WHAT YOU HAVE TO DO
What this exercise calls for is an exact copy of the data.

== EXERCISE MATERIAL

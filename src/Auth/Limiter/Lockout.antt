-- ===== src/Auth/Limiter/Lockout.antt =====
-- internal/httpapi/auth_limiter.go: how many guesses a host gets.
use llama_wrangler.Common.{
  ℕ, ◌+◌, ◌≤◌, ◌<◌, ◌≡◌, ◌≢◌, refl, Bool, false, String, List, [], ◌∷◌, Option, none, some, arith,
  if◌then◌else◌,
}
use llama_wrangler.Common.Text.{eq_refl}
use llama_wrangler.Common.Dict.{lookup, lookup-insert}
use llama_wrangler.Auth.Limiter.{
  Attempt, Limiter, attempt_or_zero, count_failure, store, register_failure,
}

-- The attempt on record for a key.
abbrev pub attempt_of : String → Limiter → Attempt
attempt_of key l = attempt_or_zero (lookup key l.attempts)

-- Failures of one key at the given times: the answers that did not block.
unfoldable pub unblocked : String → List ℕ → Limiter → ℕ
unblocked key [] l = 0
unblocked key (now ∷ times) l =
    let (l', answer) = register_failure now key l in
    (if answer.0 then 0 else 1) + unblocked key times l'

unfoldable pub stored_attempt : Attempt → Option Attempt → Attempt
stored_attempt a none = a
stored_attempt a (some b) = b

pub register_failure-attempt :
    (now : ℕ) (key : String) (l : Limiter)
    → attempt_of key (register_failure now key l).0
      ≡ stored_attempt (attempt_of key l) (count_failure now l (attempt_of key l)).0
unfolding register_failure stored_attempt
register_failure-attempt now key l = go (count_failure now l (attempt_of key l)).0
  where
    go : (o : Option Attempt) → attempt_of key (store key l o) ≡ stored_attempt (attempt_of key l) o
    go none = refl
    go (some b) = rw (lookup-insert key key b) (rw (eq_refl key))

pub register_failure-max :
    (now : ℕ) (key : String) (l : Limiter)
    → ((register_failure now key l).0.max ≡ l.max)
      × ((register_failure now key l).0.window ≡ l.window)
unfolding register_failure
register_failure-max now key l = go (count_failure now l (attempt_of key l)).0
  where
    go : (o : Option Attempt) → ((store key l o).max ≡ l.max) × ((store key l o).window ≡ l.window)
    go none = (refl, refl)
    go (some b) = (refl, refl)

-- What one failure does to the attempt on record, inside its window.
pub record Counts (now : ℕ) (l : Limiter) (a b : Attempt) (blocked : Bool) : Type 0 where
  pub same_window : b.first_seen ≡ a.first_seen
  pub no_less : a.count ≤ b.count
  pub free : blocked ≡ false → (b.count ≡ a.count + 1) × (b.count < l.max)

count_failure-Counts :
    (now : ℕ) (l : Limiter) (a : Attempt)
    → a.first_seen ≢ 0
    → now ≤ a.first_seen + l.window
    → Counts now l a (stored_attempt a (count_failure now l a).0) (count_failure now l a).1.0
unfolding count_failure stored_attempt
count_failure-Counts now l a f w = record {
  same_window = ground arith;
  no_less = ground arith;
  free = ground arith;
}

pub step-Counts :
    (now : ℕ) (key : String) (l : Limiter)
    → (attempt_of key l).first_seen ≢ 0
    → now ≤ (attempt_of key l).first_seen + l.window
    → Counts now l
        (attempt_of key l)
        (attempt_of key (register_failure now key l).0)
        (register_failure now key l).1.0
unfolding register_failure
step-Counts now key l f w =
    rw (register_failure-attempt now key l) (count_failure-Counts now l (attempt_of key l) f w)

====

REPLY TO THE TASK
filename src/Auth/Limiter/Lockout.antt
-- ===== src/Auth/Limiter/Lockout.antt =====
-- internal/httpapi/auth_limiter.go: how many guesses a host gets.
use llama_wrangler.Common.{
  ℕ, ◌+◌, ◌≤◌, ◌<◌, ◌≡◌, ◌≢◌, refl, Bool, false, String, List, [], ◌∷◌, Option, none, some, arith,
  if◌then◌else◌,
}
use llama_wrangler.Common.Text.{eq_refl}
use llama_wrangler.Common.Dict.{lookup, lookup-insert}
use llama_wrangler.Auth.Limiter.{
  Attempt, Limiter, attempt_or_zero, count_failure, store, register_failure,
}

-- The attempt on record for a key.
abbrev pub attempt_of : String → Limiter → Attempt
attempt_of key l = attempt_or_zero (lookup key l.attempts)

-- Failures of one key at the given times: the answers that did not block.
unfoldable pub unblocked : String → List ℕ → Limiter → ℕ
unblocked key [] l = 0
unblocked key (now ∷ times) l =
    let (l', answer) = register_failure now key l in
    (if answer.0 then 0 else 1) + unblocked key times l'

unfoldable pub stored_attempt : Attempt → Option Attempt → Attempt
stored_attempt a none = a
stored_attempt a (some b) = b

pub register_failure-attempt :
    (now : ℕ) (key : String) (l : Limiter)
    → attempt_of key (register_failure now key l).0
      ≡ stored_attempt (attempt_of key l) (count_failure now l (attempt_of key l)).0
unfolding register_failure stored_attempt
register_failure-attempt now key l = go (count_failure now l (attempt_of key l)).0
  where
    go : (o : Option Attempt) → attempt_of key (store key l o) ≡ stored_attempt (attempt_of key l) o
    go none = refl
    go (some b) = rw (lookup-insert key key b) (rw (eq_refl key))

pub register_failure-max :
    (now : ℕ) (key : String) (l : Limiter)
    → ((register_failure now key l).0.max ≡ l.max)
      × ((register_failure now key l).0.window ≡ l.window)
unfolding register_failure
register_failure-max now key l = go (count_failure now l (attempt_of key l)).0
  where
    go : (o : Option Attempt) → ((store key l o).max ≡ l.max) × ((store key l o).window ≡ l.window)
    go none = (refl, refl)
    go (some b) = (refl, refl)

-- What one failure does to the attempt on record, inside its window.
pub record Counts (now : ℕ) (l : Limiter) (a b : Attempt) (blocked : Bool) : Type 0 where
  pub same_window : b.first_seen ≡ a.first_seen
  pub no_less : a.count ≤ b.count
  pub free : blocked ≡ false → (b.count ≡ a.count + 1) × (b.count < l.max)

count_failure-Counts :
    (now : ℕ) (l : Limiter) (a : Attempt)
    → a.first_seen ≢ 0
    → now ≤ a.first_seen + l.window
    → Counts now l a (stored_attempt a (count_failure now l a).0) (count_failure now l a).1.0
unfolding count_failure stored_attempt
count_failure-Counts now l a f w = record {
  same_window = ground arith;
  no_less = ground arith;
  free = ground arith;
}

pub step-Counts :
    (now : ℕ) (key : String) (l : Limiter)
    → (attempt_of key l).first_seen ≢ 0
    → now ≤ (attempt_of key l).first_seen + l.window
    → Counts now l
        (attempt_of key l)
        (attempt_of key (register_failure now key l).0)
        (register_failure now key l).1.0
unfolding register_failure
step-Counts now key l f w =
    rw (register_failure-attempt now key l) (count_failure-Counts now l (attempt_of key l) f w)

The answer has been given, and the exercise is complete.